** EXERCISE BRIEF **
Scan the listing below. Return every line containing the string "remainder".
---
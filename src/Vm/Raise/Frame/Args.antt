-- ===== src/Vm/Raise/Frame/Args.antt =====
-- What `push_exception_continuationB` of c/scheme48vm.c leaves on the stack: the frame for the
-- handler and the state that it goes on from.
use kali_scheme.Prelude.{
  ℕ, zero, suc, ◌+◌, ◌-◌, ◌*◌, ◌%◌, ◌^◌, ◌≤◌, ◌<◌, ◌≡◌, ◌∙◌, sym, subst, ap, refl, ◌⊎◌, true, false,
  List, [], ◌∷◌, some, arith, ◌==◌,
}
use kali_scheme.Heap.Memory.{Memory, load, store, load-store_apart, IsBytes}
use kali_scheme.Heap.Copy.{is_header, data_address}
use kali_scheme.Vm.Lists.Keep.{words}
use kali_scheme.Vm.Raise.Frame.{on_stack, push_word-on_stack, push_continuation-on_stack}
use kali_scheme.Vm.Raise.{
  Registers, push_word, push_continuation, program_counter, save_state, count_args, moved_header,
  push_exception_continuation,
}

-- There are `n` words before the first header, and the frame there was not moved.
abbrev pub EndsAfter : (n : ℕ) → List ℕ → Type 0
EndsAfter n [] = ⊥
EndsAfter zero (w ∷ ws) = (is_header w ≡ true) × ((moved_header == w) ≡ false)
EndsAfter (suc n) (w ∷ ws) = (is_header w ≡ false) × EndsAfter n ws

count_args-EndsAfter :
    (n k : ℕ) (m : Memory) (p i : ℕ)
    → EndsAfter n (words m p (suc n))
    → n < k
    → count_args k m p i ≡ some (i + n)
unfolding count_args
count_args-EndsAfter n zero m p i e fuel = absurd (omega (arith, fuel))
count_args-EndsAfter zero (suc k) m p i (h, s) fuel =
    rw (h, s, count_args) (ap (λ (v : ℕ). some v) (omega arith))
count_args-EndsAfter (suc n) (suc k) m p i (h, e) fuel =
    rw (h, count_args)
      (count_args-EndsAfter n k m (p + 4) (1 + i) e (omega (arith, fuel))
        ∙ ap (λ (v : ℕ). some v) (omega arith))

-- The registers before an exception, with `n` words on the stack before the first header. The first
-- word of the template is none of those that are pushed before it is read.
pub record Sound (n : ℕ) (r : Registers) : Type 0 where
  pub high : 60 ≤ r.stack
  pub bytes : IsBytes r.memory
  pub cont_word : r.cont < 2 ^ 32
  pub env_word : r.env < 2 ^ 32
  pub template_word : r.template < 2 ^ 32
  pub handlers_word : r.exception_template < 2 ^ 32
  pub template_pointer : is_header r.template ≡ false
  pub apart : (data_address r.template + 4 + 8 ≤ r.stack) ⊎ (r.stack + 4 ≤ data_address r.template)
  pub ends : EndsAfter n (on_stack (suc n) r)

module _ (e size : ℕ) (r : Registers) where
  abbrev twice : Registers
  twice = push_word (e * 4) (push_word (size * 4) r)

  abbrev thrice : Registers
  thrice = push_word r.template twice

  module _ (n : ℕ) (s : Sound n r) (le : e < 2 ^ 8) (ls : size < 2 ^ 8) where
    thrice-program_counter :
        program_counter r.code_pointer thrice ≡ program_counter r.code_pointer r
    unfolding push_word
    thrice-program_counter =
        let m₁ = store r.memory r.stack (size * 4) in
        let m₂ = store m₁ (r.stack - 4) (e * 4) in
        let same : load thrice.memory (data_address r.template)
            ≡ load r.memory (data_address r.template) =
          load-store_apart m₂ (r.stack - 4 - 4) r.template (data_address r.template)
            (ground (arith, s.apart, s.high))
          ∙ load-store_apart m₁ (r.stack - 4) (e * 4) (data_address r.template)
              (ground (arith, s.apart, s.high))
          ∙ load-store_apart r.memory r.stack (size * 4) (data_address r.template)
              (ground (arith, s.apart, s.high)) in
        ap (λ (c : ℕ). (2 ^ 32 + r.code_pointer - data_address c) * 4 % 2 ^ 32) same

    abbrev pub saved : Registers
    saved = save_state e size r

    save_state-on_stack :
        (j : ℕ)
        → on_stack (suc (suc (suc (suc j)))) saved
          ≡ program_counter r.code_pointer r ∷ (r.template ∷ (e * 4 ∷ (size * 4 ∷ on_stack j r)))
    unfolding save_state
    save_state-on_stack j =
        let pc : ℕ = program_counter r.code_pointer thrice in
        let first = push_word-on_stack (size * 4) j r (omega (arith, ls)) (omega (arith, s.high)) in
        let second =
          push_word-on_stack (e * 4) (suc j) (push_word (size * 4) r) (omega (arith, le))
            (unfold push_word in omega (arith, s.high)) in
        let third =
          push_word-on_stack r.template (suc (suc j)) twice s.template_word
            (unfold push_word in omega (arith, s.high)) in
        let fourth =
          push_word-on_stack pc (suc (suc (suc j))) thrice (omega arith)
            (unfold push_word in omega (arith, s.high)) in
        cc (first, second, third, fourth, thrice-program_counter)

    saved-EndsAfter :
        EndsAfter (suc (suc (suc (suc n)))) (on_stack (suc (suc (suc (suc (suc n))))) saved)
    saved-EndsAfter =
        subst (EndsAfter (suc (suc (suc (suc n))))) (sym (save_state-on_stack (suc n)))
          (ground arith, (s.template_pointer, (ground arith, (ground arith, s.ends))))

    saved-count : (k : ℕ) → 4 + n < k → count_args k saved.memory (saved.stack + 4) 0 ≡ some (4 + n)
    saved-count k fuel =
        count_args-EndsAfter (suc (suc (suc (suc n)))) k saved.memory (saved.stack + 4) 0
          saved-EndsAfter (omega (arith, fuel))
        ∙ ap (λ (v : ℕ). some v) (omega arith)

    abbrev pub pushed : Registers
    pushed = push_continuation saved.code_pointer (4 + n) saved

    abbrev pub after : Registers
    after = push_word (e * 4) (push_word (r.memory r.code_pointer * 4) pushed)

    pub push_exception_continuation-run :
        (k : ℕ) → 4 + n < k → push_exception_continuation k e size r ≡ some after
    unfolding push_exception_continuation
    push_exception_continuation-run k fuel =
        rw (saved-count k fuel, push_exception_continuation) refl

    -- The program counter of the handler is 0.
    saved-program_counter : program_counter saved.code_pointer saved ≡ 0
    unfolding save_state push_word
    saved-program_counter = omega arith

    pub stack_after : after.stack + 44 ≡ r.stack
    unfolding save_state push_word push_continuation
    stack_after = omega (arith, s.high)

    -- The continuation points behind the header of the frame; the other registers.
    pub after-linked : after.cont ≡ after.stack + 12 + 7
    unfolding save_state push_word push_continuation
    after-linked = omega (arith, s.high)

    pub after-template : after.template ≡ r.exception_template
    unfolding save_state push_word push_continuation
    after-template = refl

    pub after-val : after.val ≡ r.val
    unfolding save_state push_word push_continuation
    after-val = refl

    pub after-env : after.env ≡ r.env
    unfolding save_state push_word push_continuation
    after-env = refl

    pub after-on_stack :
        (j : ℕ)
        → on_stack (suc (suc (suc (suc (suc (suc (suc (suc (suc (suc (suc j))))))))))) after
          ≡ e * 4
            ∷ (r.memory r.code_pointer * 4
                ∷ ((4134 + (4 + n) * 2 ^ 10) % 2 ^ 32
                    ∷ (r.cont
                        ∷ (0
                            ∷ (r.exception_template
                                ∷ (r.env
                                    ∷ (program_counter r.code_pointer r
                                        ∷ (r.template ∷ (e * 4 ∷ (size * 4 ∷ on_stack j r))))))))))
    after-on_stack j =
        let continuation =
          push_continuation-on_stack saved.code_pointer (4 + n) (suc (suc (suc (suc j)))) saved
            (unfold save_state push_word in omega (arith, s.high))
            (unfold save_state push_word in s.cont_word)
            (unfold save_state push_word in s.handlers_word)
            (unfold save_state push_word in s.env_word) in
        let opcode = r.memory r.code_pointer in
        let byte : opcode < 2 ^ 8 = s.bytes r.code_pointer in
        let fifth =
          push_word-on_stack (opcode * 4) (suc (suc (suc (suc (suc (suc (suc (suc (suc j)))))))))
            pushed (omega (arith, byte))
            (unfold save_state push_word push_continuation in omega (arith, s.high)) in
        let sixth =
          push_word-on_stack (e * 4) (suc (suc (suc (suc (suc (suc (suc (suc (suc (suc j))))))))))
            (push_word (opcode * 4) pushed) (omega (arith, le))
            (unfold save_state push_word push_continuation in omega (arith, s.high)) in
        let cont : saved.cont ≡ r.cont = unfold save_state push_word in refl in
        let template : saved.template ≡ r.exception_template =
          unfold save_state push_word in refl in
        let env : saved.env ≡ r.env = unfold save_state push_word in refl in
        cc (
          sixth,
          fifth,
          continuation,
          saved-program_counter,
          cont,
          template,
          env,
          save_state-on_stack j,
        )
---
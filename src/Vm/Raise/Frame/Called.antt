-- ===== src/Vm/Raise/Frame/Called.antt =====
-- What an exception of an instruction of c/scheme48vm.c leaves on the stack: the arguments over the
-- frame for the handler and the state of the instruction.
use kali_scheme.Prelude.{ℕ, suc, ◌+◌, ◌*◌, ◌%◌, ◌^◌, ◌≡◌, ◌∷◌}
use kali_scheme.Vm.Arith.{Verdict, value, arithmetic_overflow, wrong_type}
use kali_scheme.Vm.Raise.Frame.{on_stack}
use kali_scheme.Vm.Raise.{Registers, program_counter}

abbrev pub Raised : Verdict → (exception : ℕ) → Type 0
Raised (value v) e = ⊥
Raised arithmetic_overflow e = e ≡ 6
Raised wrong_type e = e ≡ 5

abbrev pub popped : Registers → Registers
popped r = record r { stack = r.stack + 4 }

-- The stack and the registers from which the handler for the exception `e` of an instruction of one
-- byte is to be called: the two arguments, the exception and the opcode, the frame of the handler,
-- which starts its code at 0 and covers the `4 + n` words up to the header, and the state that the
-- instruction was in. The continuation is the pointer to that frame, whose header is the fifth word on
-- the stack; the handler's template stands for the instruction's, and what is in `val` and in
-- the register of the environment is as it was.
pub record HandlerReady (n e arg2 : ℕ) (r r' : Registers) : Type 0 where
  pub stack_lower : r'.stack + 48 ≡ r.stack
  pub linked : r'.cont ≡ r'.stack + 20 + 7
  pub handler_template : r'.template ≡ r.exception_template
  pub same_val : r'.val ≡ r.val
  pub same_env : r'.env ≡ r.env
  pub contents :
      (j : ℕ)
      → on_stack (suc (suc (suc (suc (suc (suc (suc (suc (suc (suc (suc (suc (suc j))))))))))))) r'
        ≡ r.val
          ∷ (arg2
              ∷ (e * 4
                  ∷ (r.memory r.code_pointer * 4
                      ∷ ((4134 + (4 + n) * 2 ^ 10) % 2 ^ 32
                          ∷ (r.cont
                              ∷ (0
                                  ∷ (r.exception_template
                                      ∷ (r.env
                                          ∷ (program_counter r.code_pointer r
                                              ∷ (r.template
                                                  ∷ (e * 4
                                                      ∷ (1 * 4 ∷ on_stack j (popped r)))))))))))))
---
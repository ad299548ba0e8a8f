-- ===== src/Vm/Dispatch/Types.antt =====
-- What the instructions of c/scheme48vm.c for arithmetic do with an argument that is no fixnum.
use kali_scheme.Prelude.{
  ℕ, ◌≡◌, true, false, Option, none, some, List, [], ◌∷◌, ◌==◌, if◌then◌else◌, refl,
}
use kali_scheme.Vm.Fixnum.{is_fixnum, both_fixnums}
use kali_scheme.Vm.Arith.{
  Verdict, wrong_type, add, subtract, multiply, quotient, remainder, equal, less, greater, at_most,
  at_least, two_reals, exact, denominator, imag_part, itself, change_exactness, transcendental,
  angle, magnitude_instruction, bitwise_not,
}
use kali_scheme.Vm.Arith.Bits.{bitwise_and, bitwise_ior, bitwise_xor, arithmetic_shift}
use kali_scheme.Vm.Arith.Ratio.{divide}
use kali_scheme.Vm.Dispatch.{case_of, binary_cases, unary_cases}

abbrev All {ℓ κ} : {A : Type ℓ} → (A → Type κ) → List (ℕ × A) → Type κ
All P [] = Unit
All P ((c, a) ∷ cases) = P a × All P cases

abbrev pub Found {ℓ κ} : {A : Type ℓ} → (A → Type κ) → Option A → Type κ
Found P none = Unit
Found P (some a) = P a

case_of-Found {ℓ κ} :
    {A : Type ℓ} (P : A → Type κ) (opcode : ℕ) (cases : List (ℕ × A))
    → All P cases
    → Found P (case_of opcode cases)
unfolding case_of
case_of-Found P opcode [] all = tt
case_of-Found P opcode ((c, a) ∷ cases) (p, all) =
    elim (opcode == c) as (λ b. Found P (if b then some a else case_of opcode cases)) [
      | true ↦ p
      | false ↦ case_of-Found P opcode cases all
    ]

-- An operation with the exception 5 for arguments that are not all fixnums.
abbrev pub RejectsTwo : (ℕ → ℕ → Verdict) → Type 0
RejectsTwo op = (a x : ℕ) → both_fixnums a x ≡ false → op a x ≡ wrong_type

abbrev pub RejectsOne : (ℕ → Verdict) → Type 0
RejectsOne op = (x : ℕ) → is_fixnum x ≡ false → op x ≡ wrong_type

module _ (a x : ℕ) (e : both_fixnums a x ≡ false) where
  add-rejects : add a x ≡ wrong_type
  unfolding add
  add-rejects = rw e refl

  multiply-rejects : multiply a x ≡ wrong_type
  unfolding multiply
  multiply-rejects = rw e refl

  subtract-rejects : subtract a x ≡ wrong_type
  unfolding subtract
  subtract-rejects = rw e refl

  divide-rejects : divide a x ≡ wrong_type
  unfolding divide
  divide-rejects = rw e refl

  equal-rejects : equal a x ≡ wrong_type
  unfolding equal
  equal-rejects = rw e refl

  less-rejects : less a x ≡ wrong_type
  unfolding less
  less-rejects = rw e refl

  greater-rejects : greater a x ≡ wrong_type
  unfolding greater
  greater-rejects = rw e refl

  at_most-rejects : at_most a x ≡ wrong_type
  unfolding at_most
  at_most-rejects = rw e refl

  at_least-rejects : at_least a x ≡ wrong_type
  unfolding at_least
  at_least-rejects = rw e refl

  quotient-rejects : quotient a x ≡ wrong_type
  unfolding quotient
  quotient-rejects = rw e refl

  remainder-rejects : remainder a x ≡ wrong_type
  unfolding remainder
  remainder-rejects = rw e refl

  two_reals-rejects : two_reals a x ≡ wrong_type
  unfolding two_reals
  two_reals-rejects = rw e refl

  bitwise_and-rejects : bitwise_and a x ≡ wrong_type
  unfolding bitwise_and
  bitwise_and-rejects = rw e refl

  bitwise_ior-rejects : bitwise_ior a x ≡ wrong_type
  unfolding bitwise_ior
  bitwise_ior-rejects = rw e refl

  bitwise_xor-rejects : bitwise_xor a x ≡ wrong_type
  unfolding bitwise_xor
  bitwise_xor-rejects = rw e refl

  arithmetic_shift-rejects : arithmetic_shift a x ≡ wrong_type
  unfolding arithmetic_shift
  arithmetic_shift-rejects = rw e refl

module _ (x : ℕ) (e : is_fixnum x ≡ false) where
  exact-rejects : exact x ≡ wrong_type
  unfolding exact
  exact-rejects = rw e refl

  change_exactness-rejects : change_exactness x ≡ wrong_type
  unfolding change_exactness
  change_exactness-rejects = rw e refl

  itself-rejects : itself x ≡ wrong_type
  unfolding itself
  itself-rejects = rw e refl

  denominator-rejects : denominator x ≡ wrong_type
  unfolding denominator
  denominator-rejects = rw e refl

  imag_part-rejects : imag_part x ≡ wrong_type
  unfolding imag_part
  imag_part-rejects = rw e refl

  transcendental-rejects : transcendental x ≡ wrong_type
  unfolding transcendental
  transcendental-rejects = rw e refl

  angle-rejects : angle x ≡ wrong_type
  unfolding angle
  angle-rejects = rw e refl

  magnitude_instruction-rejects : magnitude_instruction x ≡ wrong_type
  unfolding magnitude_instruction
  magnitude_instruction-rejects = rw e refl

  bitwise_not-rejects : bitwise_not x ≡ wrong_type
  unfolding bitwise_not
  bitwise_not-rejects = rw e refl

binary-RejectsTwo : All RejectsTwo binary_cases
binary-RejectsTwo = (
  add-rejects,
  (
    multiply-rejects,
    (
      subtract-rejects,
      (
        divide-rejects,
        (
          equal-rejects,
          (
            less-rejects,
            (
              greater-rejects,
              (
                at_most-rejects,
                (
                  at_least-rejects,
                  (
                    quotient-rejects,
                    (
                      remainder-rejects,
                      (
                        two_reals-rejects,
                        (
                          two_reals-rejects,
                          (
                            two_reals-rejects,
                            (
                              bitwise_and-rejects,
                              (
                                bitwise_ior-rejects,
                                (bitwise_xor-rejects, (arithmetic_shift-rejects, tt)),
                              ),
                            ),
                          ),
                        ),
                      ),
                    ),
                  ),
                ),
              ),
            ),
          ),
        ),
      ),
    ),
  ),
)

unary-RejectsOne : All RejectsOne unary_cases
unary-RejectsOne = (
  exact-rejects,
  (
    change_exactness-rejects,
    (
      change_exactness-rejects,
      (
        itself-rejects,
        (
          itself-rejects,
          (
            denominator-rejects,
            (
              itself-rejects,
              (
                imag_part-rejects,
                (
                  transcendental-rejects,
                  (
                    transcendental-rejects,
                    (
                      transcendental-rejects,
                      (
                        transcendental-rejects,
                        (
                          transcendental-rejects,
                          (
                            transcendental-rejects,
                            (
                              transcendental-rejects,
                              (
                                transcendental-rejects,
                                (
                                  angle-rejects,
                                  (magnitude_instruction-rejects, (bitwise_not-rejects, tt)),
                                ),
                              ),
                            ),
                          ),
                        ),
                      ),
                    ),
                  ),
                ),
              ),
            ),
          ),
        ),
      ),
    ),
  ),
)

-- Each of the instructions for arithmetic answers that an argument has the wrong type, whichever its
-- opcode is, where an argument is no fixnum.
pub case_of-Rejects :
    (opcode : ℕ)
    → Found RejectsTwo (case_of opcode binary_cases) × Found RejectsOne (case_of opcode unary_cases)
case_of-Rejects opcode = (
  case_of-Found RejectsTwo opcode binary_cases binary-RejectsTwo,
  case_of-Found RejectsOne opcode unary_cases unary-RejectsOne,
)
---
** WRITTEN ANSWER **
  Verdict, wrong_type, add, subtract, multiply, quotient, remainder, equal, less, greater, at_most,
  remainder-rejects : remainder a x ≡ wrong_type
  unfolding remainder
  remainder-rejects = rw e refl
                      remainder-rejects,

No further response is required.